Does there exist any surjective group homomorphism from $(\mathbb R^* , .)$ onto $(\mathbb Q^* , .)$?

Suppose that $f:\Bbb{R}^*\to\Bbb{Q}^*$ is a such homomorphism. Then we have some $x$ such that $f(x)=2$. Now take a cube root $\sqrt[3]{x}$ of $x$, which always exists in $\mathbb{R}^*$. Then $(f(\sqrt[3]{x}))^3 = f(x) = 2$, i.e. $f(\sqrt[3]{x})$ is a cube root of $2$. But $2$ has no cube root in $\mathbb{Q}^*$, so this is a contradiction.

Let me add a more abstract view to the concrete arguments already given.

Recall that a group $(G,\cdot)$ is called divisible if for each $a\in G$, positive integer $n$, the equation $X^n = a$ has a solution.

(The terminology makes more sense in additive notation where it means $nX=a$ has a solution; that is, one can 'divide the $a$ into $n$ equal parts.')

Now observe:

• the homomorphic image of a divisible group is divisible.
• the only divisible subgroup of $(\mathbb{Q}^{\ast}, \cdot)$ is the trivial one.
• the (sub)group $(\mathbb{R}_+^{\ast}, \cdot)$ is divisible.

Thus, the image of $(\mathbb{R}_+^{\ast}, \cdot)$ under every homorphism $\varphi$ from $(\mathbb{R}^{\ast}, \cdot)$ to $(\mathbb{Q}^{\ast}, \cdot)$ must be trivial.

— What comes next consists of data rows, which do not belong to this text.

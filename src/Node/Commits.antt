-- ===== src/Node/Commits.antt =====
-- When a `Commit` message commits a block.
use sawtooth_pbft.Common.{
  Bool-cases, ◌==◌, ==_iff, nat_eq, string_eq, bytes_eq, ◌≡◌, refl, sym, subst, ◌⊎◌, inl, inr, Bool,
  true, false, ◌∷◌,
}
use sawtooth_pbft.Protos.{PbftBlock, block_eq, info_eq, message_eq, seal_eq, view_change_eq}
use sawtooth_pbft.Error.{Outcome, ok, err, panic, out_of_fuel}
use sawtooth_pbft.ParsedMessage.{ParsedMessage, parsed_eq, info, get_block}
use sawtooth_pbft.State.{PbftPhase, phase_eq}
use sawtooth_pbft.Log.{entry_eq, check_committable}
use sawtooth_pbft.Service.{Call, Env}
use sawtooth_pbft.Node.{PbftNode, M, when}
use sawtooth_pbft.Node.Peer.{commit_block_if_committing, commit_if_committable, on_commit}
use sawtooth_pbft.MessageType.{type_eq}
use sawtooth_pbft.Log.Sets.{with_message}
use sawtooth_pbft.Node.Keeps.{after, log_message_cases}
use sawtooth_pbft.Handlers.{handle_commit}

-- The only call that a `Commit` message can make: its own block is committed, in the phase
-- `committing`, at the current sequence number, once the log has what `check_committable` asks.
pub record CommitsOnce (msg : ParsedMessage) (n k : PbftNode) : Type 0 where
  pub block : PbftBlock
  pub own_block : get_block msg ≡ ok block
  pub one_call : k.calls ≡ Call.commit_block block.block_id ∷ n.calls
  pub is_committing : n.state.phase ≡ PbftPhase.committing
  pub is_current : (info msg).seq_num ≡ n.state.seq_num
  pub is_committable : check_committable (info msg) n.state.f k.msg_log ≡ ok true

module _ (env : Env) (msg : ParsedMessage) where
  -- What `handle_commit` does to the calls and the log.
  abbrev Handled : PbftNode → PbftNode → Type 0
  Handled n k =
      (k.calls ≡ n.calls)
      ⊎ ((b : PbftBlock) × (get_block msg ≡ ok b)
          × (k.calls ≡ Call.commit_block b.block_id ∷ n.calls)
          × (k.msg_log ≡ n.msg_log))

  handle_commit-Handled : (n : PbftNode) → Handled n (handle_commit env msg n).1
  unfolding handle_commit
  handle_commit-Handled n = go (get_block msg) refl
    where
      answered : (b : PbftBlock) → get_block msg ≡ ok b → Handled n (handle_commit env msg n).1
      answered b e =
          elim (Bool-cases (env.service.succeeds n.calls (Call.commit_block b.block_id))) [
            | inl done_it ↦
                inr (b, e, rw (handle_commit, e, done_it) refl, rw (handle_commit, e, done_it) refl)
            | inr failed ↦
                inr (b, e, rw (handle_commit, e, failed) refl, rw (handle_commit, e, failed) refl)
          ]

      go : (r : Outcome PbftBlock) → get_block msg ≡ r → Handled n (handle_commit env msg n).1
      go (ok b) e = answered b e
      go (err x) e = inl (rw (handle_commit, e) refl)
      go panic e = inl (rw (handle_commit, e) refl)
      go out_of_fuel e = inl (rw (handle_commit, e) refl)

  committed :
      (n : PbftNode)
      → (info msg).seq_num ≡ n.state.seq_num
      → check_committable (info msg) n.state.f n.msg_log ≡ ok true
      → ((commit_block_if_committing env msg n).1.calls ≡ n.calls)
        ⊎ CommitsOnce msg n (commit_block_if_committing env msg n).1
  unfolding commit_block_if_committing
  committed n current h = elim (Bool-cases (n.state.phase == PbftPhase.committing)) [
    | inl e ↦ rw e (once e (handle_commit-Handled n))
    | inr e ↦ inl (rw e refl)
  ]
    where
      once :
          (n.state.phase == PbftPhase.committing) ≡ true
          → Handled n (handle_commit env msg n).1
          → ((handle_commit env msg n).1.calls ≡ n.calls)
            ⊎ CommitsOnce msg n (handle_commit env msg n).1
      once e (inl same) = inl same
      once e (inr (b, own, call, log)) = inr (record {
        block = b;
        own_block = own;
        one_call = call;
        is_committing = (==_iff n.state.phase PbftPhase.committing).0 e;
        is_current = current;
        is_committable = rw log h;
      })

  commit_if_committable_lem :
      (n : PbftNode)
      → ((commit_if_committable env msg n).1.calls ≡ n.calls)
        ⊎ CommitsOnce msg n (commit_if_committable env msg n).1
  unfolding commit_if_committable
  commit_if_committable_lem n = elim (Bool-cases ((info msg).seq_num == n.state.seq_num)) [
    | inl e ↦ rw e (
        go (check_committable (info msg) n.state.f n.msg_log)
          ((==_iff (info msg).seq_num n.state.seq_num).0 e) refl)
    | inr e ↦ inl (rw e refl)
  ]
    where
      next : Bool → M (Unit {0})
      next c = when c (commit_block_if_committing env msg)

      go :
          (r : Outcome Bool)
          → (info msg).seq_num ≡ n.state.seq_num
          → check_committable (info msg) n.state.f n.msg_log ≡ r
          → ((after next (r, n)).1.calls ≡ n.calls) ⊎ CommitsOnce msg n (after next (r, n)).1
      go (ok true) c e = committed n c e
      go (ok false) c e = inl refl
      go (err x) c e = inl refl
      go panic c e = inl refl
      go out_of_fuel c e = inl refl

  -- A `Commit` message makes no call of the validator, or exactly the one that commits its own block,
  -- and this only in the phase `committing`, for the current sequence number, and if
  -- `check_committable` holds for the log with the message.
  pub on_commit_lem :
      (n : PbftNode)
      → ((on_commit env msg n).1.calls ≡ n.calls) ⊎ CommitsOnce msg n (on_commit env msg n).1
  unfolding on_commit
  on_commit_lem n = elim (log_message_cases msg n) [
    | inl (v, e) ↦
        subst
          (λ r.
            ((after (λ _. commit_if_committable env msg) r).1.calls ≡ n.calls)
            ⊎ CommitsOnce msg n (after (λ _. commit_if_committable env msg) r).1)
          (sym e)
          (moved (commit_if_committable_lem (record n { msg_log = with_message msg n.msg_log })))
    | inr (v, e) ↦
        inl (
          subst (λ r. (after (λ _. commit_if_committable env msg) r).1.calls ≡ n.calls) (sym e)
            refl)
  ]
    where
      moved :
          {k : PbftNode}
          → (k.calls ≡ n.calls)
            ⊎ CommitsOnce msg (record n { msg_log = with_message msg n.msg_log }) k
          → (k.calls ≡ n.calls) ⊎ CommitsOnce msg n k
      moved (inl e) = inl e
      moved (inr c) = inr (record {
        block = c.block;
        own_block = c.own_block;
        one_call = c.one_call;
        is_committing = c.is_committing;
        is_current = c.is_current;
        is_committable = c.is_committable;
      })
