-- ===== src/ParsedMessage/Wrapped.antt =====
-- What `from_peer_message` wraps a message in.
use sawtooth_pbft.Common.{
  if◌then◌else◌, Bool-cases, ◌==◌, ==_iff, nat_eq, string_eq, Bytes, bytes_eq, ◌≡◌, refl, sym, ap,
  ◌∙◌, subst, ◌≢◌, ◌⊎◌, inl, inr, Bool, true, false, Option, none, some, arith,
}
use sawtooth_pbft.Protos.{
  PbftMessage, PbftViewChange, block_eq, info_eq, message_eq, seal_eq, view_change_eq,
}
use sawtooth_pbft.MessageType.{type_eq}
use sawtooth_pbft.Error.{PbftError, ok, panic}
use sawtooth_pbft.Outcome.{or_fail, first_step}
use sawtooth_pbft.Codec.{Codec}
use sawtooth_pbft.ParsedMessage.{
  PbftMessageWrapper, ParsedMessage, parsed_eq, wrapper_info, info, wrapper_message,
  get_pbft_message, get_block, verify_sha512, PeerMessage, unless_view_change, or_view_change,
  from_peer_message,
}

-- The message has a block, and its bytes are those of a `PbftMessage` of a type other than `ViewChange`.
pub record IsBlockMessage (c : Codec) (content : Bytes) (msg : ParsedMessage) : Type 0 where
  pub parsed : PbftMessage
  pub is_parsed : c.parse_message content ≡ some parsed
  pub same_info : info msg ≡ parsed.info
  pub other_type : parsed.info.msg_type ≢ "ViewChange"
  pub has_block : get_block msg ≡ ok parsed.block

-- The message is a view change, whatever type it names: `get_block` panics. Its bytes are not those of a
-- `PbftMessage` of a type other than `ViewChange`.
pub record IsViewChange (c : Codec) (content : Bytes) (msg : ParsedMessage) : Type 0 where
  pub parsed : PbftViewChange
  pub is_parsed : c.parse_view_change content ≡ some parsed
  pub same_info : info msg ≡ parsed.info
  pub no_block : get_block msg ≡ panic
  pub no_other :
      (k : PbftMessage) → c.parse_message content ≡ some k → k.info.msg_type ≡ "ViewChange"

-- The wrapper that is chosen, from the two attempts to parse.
wrapper_cases :
    (r : Option PbftMessage) (s : Option PbftViewChange) (w : PbftMessageWrapper)
    → or_view_change (unless_view_change r) s ≡ some w
    → ((k : PbftMessage) × (r ≡ some k)
        × (k.info.msg_type ≢ "ViewChange")
        × (PbftMessageWrapper.message k ≡ w))
      ⊎ ((v : PbftViewChange) × (s ≡ some v)
          × (PbftMessageWrapper.view_change v ≡ w)
          × ((k : PbftMessage) → r ≡ some k → k.info.msg_type ≡ "ViewChange"))
unfolding or_view_change unless_view_change
wrapper_cases none none w h = cc
wrapper_cases none (some v) w h = inr (v, refl, cc, λ k e. cc)
wrapper_cases (some k) s w h = elim (Bool-cases (k.info.msg_type == "ViewChange")) [
  | inl e ↦ view_changed e s refl
  | inr e ↦ inl (k, refl, λ d. ground (arith, (==_iff k.info.msg_type "ViewChange").1 d), wrapped e)
]
  where
    wrapped : (k.info.msg_type == "ViewChange") ≡ false → PbftMessageWrapper.message k ≡ w
    wrapped e = ground arith

    view_changed :
        (k.info.msg_type == "ViewChange") ≡ true
        → (t : Option PbftViewChange) → s ≡ t
        → ((j : PbftMessage) × (some k ≡ some j)
            × (j.info.msg_type ≢ "ViewChange")
            × (PbftMessageWrapper.message j ≡ w))
          ⊎ ((v : PbftViewChange) × (s ≡ some v)
              × (PbftMessageWrapper.view_change v ≡ w)
              × ((j : PbftMessage) → some k ≡ some j → j.info.msg_type ≡ "ViewChange"))
    view_changed e none d = ground arith
    view_changed e (some v) d = inr (
      v,
      d,
      ground arith,
      λ j q. ap (λ x. x.info.msg_type) (sym (same q)) ∙ (==_iff k.info.msg_type "ViewChange").0 e,
    )
      where
        same : {j : PbftMessage} → some k ≡ some j → k ≡ j
        same q = cc

module _ (c : Codec) (m : PeerMessage) (from_self : Bool) where
  abbrev wrapped_in : PbftMessageWrapper → ParsedMessage
  wrapped_in w = record {
    header_bytes = m.header_bytes;
    header_signature = m.header_signature;
    message = w;
    message_bytes = m.content;
    from_self = from_self;
  }

  -- What `from_peer_message` takes from its bytes is either a message with the block and the type of the
  -- `PbftMessage` that they hold, which is not of the type `ViewChange`; or a view change, for which
  -- `get_block` panics, whatever type it names. The bytes are kept, and those of a peer have the hash
  -- that the header gives.
  pub from_peer_message-wrapped :
      (msg : ParsedMessage)
      → from_peer_message c m from_self ≡ ok msg
      → (IsBlockMessage c m.content msg ⊎ IsViewChange c m.content msg)
        × (msg.message_bytes ≡ m.content)
        × (from_self ≡ false → c.sha512 m.content ≡ m.header.content_sha512)
  unfolding from_peer_message verify_sha512 info wrapper_info get_block get_pbft_message
      wrapper_message
  from_peer_message-wrapped msg h =
      let (_, (checked, h1)) =
        first_step (if from_self then ok tt else verify_sha512 c m.content m.header.content_sha512)
          _ h in
      let (w, (parsed, h2)) =
        first_step
          (or_fail (PbftError.internal_error "Couldn't parse message!") (
            or_view_change (unless_view_change (c.parse_message m.content))
              (c.parse_view_change m.content)))
          (λ w. ok (wrapped_in w)) h1 in
      (
        subst (λ x. IsBlockMessage c m.content x ⊎ IsViewChange c m.content x) (is_ok h2)
            (kind w (
              wrapper_cases (c.parse_message m.content) (c.parse_view_change m.content) w
                (unfailed _ w parsed))),
        sym (ap (λ x. x.message_bytes) (is_ok h2)),
        λ e. hashed from_self e checked,
      )
    where
      is_ok : {x y : ParsedMessage} → ok x ≡ ok y → x ≡ y
      is_ok e = cc

      unfailed :
          (r : Option PbftMessageWrapper) (w : PbftMessageWrapper)
          → or_fail (PbftError.internal_error "Couldn't parse message!") r ≡ ok w
          → r ≡ some w
      unfailed none w e = cc
      unfailed (some x) w e = cc

      hashed :
          (b : Bool)
          → b ≡ false
          → (if b then ok tt else verify_sha512 c m.content m.header.content_sha512) ≡ ok tt
          → c.sha512 m.content ≡ m.header.content_sha512
      hashed true e d = cc
      hashed false e d = ground (arith, (==_iff (c.sha512 m.content) m.header.content_sha512).0)

      kind :
          (w : PbftMessageWrapper)
          → ((k : PbftMessage) × (c.parse_message m.content ≡ some k)
              × (k.info.msg_type ≢ "ViewChange")
              × (PbftMessageWrapper.message k ≡ w))
            ⊎ ((v : PbftViewChange) × (c.parse_view_change m.content ≡ some v)
                × (PbftMessageWrapper.view_change v ≡ w)
                × ((k : PbftMessage)
                    → c.parse_message m.content ≡ some k
                    → k.info.msg_type ≡ "ViewChange"))
          → IsBlockMessage c m.content (wrapped_in w) ⊎ IsViewChange c m.content (wrapped_in w)
      kind w (inl (k, e, ne, same)) = inl (
          subst (λ x. IsBlockMessage c m.content (wrapped_in x)) same
            (record {
              parsed = k;
              is_parsed = e;
              same_info = refl;
              other_type = ne;
              has_block = refl;
            }))
      kind w (inr (v, e, same, other)) = inr (
          subst (λ x. IsViewChange c m.content (wrapped_in x)) same
            (record {
              parsed = v;
              is_parsed = e;
              same_info = refl;
              no_block = refl;
              no_other = other;
            }))
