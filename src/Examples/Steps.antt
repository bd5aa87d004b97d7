-- ===== src/Examples/Steps.antt =====
-- The theorems about the timeout, the configuration and single steps of the node on concrete data.
use sawtooth_pbft.Common.{
  if◌then◌else◌, ◌==◌, nat_eq, string_eq, bytes_beq, bytes_eq, add64, ◌<◌, ◌≡◌, refl, ◌≢◌, ◌⊎◌,
  true, false, none, some, [], ◌∷◌,
}
use sawtooth_pbft.Protos.{block_eq, info_eq, message_eq, seal_eq, view_change_eq}
use sawtooth_pbft.MessageType.{PbftMessageType, type_eq, type_name}
use sawtooth_pbft.Error.{PbftError, ok, err}
use sawtooth_pbft.Codec.{Codec}
use sawtooth_pbft.ParsedMessage.{
  ParsedMessage, parsed_eq, info, verify_sha512, unless_view_change, or_view_change,
  from_peer_message, bare_peer_message,
}
use sawtooth_pbft.Config.{PbftConfig, default_config, Settings, decode_all, get_peers_from_settings}
use sawtooth_pbft.Config.Load.{merged, merge_settings, check_durations, load_pbft_config}
use sawtooth_pbft.Config.Loaded.{load_pbft_config-ok}
use sawtooth_pbft.State.{PbftPhase, phase_eq}
use sawtooth_pbft.Log.{entry_eq, only_seal, get_consensus_seal}
use sawtooth_pbft.Node.{PbftNode, done}
use sawtooth_pbft.Node.Broadcast.{propose_view_change}
use sawtooth_pbft.Node.Peer.{on_commit}
use sawtooth_pbft.Node.Blocks.{is_working_block, on_block_commit}
use sawtooth_pbft.Node.Commits.{CommitsOnce, on_commit_lem}
use sawtooth_pbft.Node.Proposals.{stuck, propose_view_change-unsealed}
use sawtooth_pbft.Node.Progress.{StartsAt, on_block_commit_lem}
use sawtooth_pbft.Examples.Codecs.{test_codec}
use sawtooth_pbft.Examples.Logs.{test_block, test_info, test_message}
use sawtooth_pbft.Examples.Nodes.{test_state, test_node, test_env}
use sawtooth_pbft.ParsedMessage.Wrapped.{IsBlockMessage, IsViewChange, from_peer_message-wrapped}

-- Settings that name a peer, whatever the key.
test_settings : Settings
test_settings key = if key == "sawtooth.consensus.pbft.peers" then some "peers" else none

abbrev test_config : PbftConfig
test_config = record default_config { peers = (1 ∷ []) ∷ [] }

load_pbft_config_example :
    ((settings : Settings) × (some test_settings ≡ some settings)
      × (get_peers_from_settings (λ s. some (s ∷ [])) (λ s. some (1 ∷ [])) settings
          ≡ ok ((1 ∷ []) ∷ [])))
    × (200 < 30000)
    × (test_config.storage ≡ default_config.storage)
unfolding load_pbft_config get_peers_from_settings decode_all check_durations merge_settings merged
    test_settings
load_pbft_config_example =
    load_pbft_config-ok (λ s. some (s ∷ [])) (λ s. some (1 ∷ [])) (some test_settings) test_config
      refl

-- A message whose text names the signer 2.
abbrev sender_codec : Codec
sender_codec = record test_codec {
  parse_message =
      λ b. some (record { info = test_info PbftMessageType.commit 0 2; block = test_block });
  sha512 = λ b. [];
}

-- What the codec reads from the bytes 5.
abbrev sent_message : ParsedMessage
sent_message = record (test_message PbftMessageType.commit 0 2) { message_bytes = 5 ∷ [] }

sent_message_received :
    from_peer_message sender_codec (bare_peer_message (5 ∷ [])) false ≡ ok sent_message
unfolding from_peer_message verify_sha512 unless_view_change or_view_change type_name bytes_beq info
sent_message_received = refl

from_peer_message-wrapped_example :
    (IsBlockMessage sender_codec (5 ∷ []) sent_message
      ⊎ IsViewChange sender_codec (5 ∷ []) sent_message)
    × (sent_message.message_bytes ≡ 5 ∷ [])
    × (false ≡ false → sender_codec.sha512 (5 ∷ []) ≡ [])
from_peer_message-wrapped_example =
    from_peer_message-wrapped sender_codec (bare_peer_message (5 ∷ [])) false sent_message
      sent_message_received

on_commit_example :
    ((on_commit test_env (test_message PbftMessageType.commit 0 3) test_node).1.calls ≡ [])
    ⊎ CommitsOnce
        (test_message PbftMessageType.commit 0 3)
        test_node
        (on_commit test_env (test_message PbftMessageType.commit 0 3) test_node).1
on_commit_example = on_commit_lem test_env (test_message PbftMessageType.commit 0 3) test_node

propose_view_change_example :
    (propose_view_change test_env (λ m. done) test_node
      ≡ (err (PbftError.wrong_num_seals 1 0), stuck test_node))
    × (propose_view_change test_env (λ m. done) (stuck test_node) ≡ (ok tt, stuck test_node))
unfolding get_consensus_seal only_seal
propose_view_change_example =
    propose_view_change-unsealed test_env (λ m. done) test_node (PbftError.wrong_num_seals 1 0) refl
      refl

abbrev finished_node : PbftNode
finished_node = record test_node { state = record test_state { phase = PbftPhase.finished } }

on_block_commit_example :
    (((PbftPhase.finished ≢ PbftPhase.finished)
        ⊎ (is_working_block (7 ∷ 7 ∷ 7 ∷ []) finished_node.state ≡ false))
      × (on_block_commit test_env (7 ∷ 7 ∷ 7 ∷ []) finished_node ≡ (ok tt, finished_node)))
    ⊎ ((PbftPhase.finished ≡ PbftPhase.finished)
        × (is_working_block (7 ∷ 7 ∷ 7 ∷ []) finished_node.state ≡ true)
        × StartsAt (add64 5 1) (on_block_commit test_env (7 ∷ 7 ∷ 7 ∷ []) finished_node).1)
on_block_commit_example = on_block_commit_lem test_env (7 ∷ 7 ∷ 7 ∷ []) finished_node
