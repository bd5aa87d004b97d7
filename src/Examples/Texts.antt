-- ===== src/Examples/Texts.antt =====
-- A hexadecimal form, and the texts of concrete errors and states.
use Prim.Native.Char.{Char, len_utf8}
use Prim.Native.String.{◌∷◌ as cons}
use sawtooth_pbft.Common.{Bytes, ℕ, zero, suc, ◌/◌, ◌%◌, String, ◌≡◌, refl, ◌↔◌, ◌⊎◌, [], ◌∷◌}
use sawtooth_pbft.Error.{PbftError, description, ok, panic}
use sawtooth_pbft.Display.{
  digits, decimal, display_mode, display_phase, short_id, display_working_block, display_state,
  display_rest, display_error,
}
use sawtooth_pbft.Display.ShortIds.{IsHex}
use sawtooth_pbft.Display.Shown.{IsShort, display_error-panics_iff}
use sawtooth_pbft.Examples.Logs.{test_block}
use sawtooth_pbft.Examples.Nodes.{test_state}

-- The character at an index, and f beyond.
pick : String → ℕ → Char
pick String.[] n = "f"
pick (cons c s) zero = c
pick (cons c s) (suc n) = pick s n

-- All characters are of one byte.
IsSlim : String → Type 0
IsSlim String.[] = Unit
IsSlim (cons c s) = (len_utf8 c ≡ 1) × IsSlim s

pick-IsSlim : (s : String) (n : ℕ) → IsSlim s → len_utf8 (pick s n) ≡ 1
unfolding pick IsSlim
pick-IsSlim String.[] n h = refl
pick-IsSlim (cons c s) zero h = h.0
pick-IsSlim (cons c s) (suc n) h = pick-IsSlim s n h.1

abbrev digit : ℕ → Char
digit n = pick "0123456789abcdef" n

digit_width : (n : ℕ) → len_utf8 (digit n) ≡ 1
unfolding IsSlim
digit_width n = pick-IsSlim "0123456789abcdef" n (
  refl,
  (
    refl,
    (
      refl,
      (
        refl,
        (
          refl,
          (
            refl,
            (refl, (refl, (refl, (refl, (refl, (refl, (refl, (refl, (refl, (refl, tt)))))))))),
          ),
        ),
      ),
    ),
  ),
)

test_hex : Bytes → String
test_hex [] = ""
test_hex (b ∷ bs) = cons (digit (b / 16)) (cons (digit (b % 16)) (test_hex bs))

test_hex-IsHex : IsHex test_hex
unfolding test_hex
test_hex-IsHex = record {
  of_nil = refl;
  of_cons =
      λ b bs. (digit (b / 16), digit (b % 16), digit_width (b / 16), digit_width (b % 16), refl);
}

-- A mismatch with a block whose ID is one byte.
abbrev short_mismatch : PbftError
short_mismatch = PbftError.block_mismatch test_block (record test_block { block_id = 171 ∷ [] })

mismatch_text :
    display_error test_hex "" (PbftError.block_mismatch test_block test_block)
    ≡ ok "BlockMismatch: \"070707\" != \"070707\""
unfolding test_hex pick short_id display_error display_rest description
mismatch_text = refl

display_error_example :
    (display_error test_hex "" short_mismatch ≡ panic)
    ↔ (IsShort test_block.block_id ⊎ IsShort (171 ∷ []))
display_error_example = display_error-panics_iff test_hex test_hex-IsHex "" short_mismatch

state_text :
    display_state test_hex (record test_state { id = 18 ∷ 171 ∷ 0 ∷ []; seq_num = 1205 })
    ≡ ok "(PP N 0, seq 1205, wb 5/070707), Node  12ab00"
unfolding test_hex pick short_id display_state display_working_block display_phase display_mode
    decimal digits
state_text = refl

Now, for $x$ negative we have that $x^2$ is positive and thus $\varphi(x)^2=\varphi(x^2)= 1$. Thus, $\varphi(x)$ is $\pm 1$. (Also see another answer for this.)

Assume there are two negative number $x,y$ such that $\varphi(x) \neq \varphi (y)$, then $1= \varphi(xy) = \varphi(x)\varphi(y) = -1$, a contradiction.

Thus either all negative numbers have image $1$ or all negative number have image $-1$.

It follows that the only two homomorphism there could be are $x \mapsto 1$ and $x \mapsto \operatorname{sign}{(x)}$.

Both are indeed homomorphisms, yet neither is surjective.

$f(-1)^2=f(1)$ implies that $f(-1)=1$ or $f(-1)=-1$. Suppose $f(-1)=1$. Let $x>0$, $f(x)=f(\sqrt x)^2$. Implies that $f(x)$ is a square, $f(-x)=f(-1)f(x)>0$. Impossible. Since $f$ is surjective.

Suppose $f(-1)=-1, f(-x)=-f(\sqrt x)^2$ and $f(x)=f(\sqrt x)^2$ this implies that $f$ is not surjective since $1/2$ is not in the image: it is positive but not the square of a rational.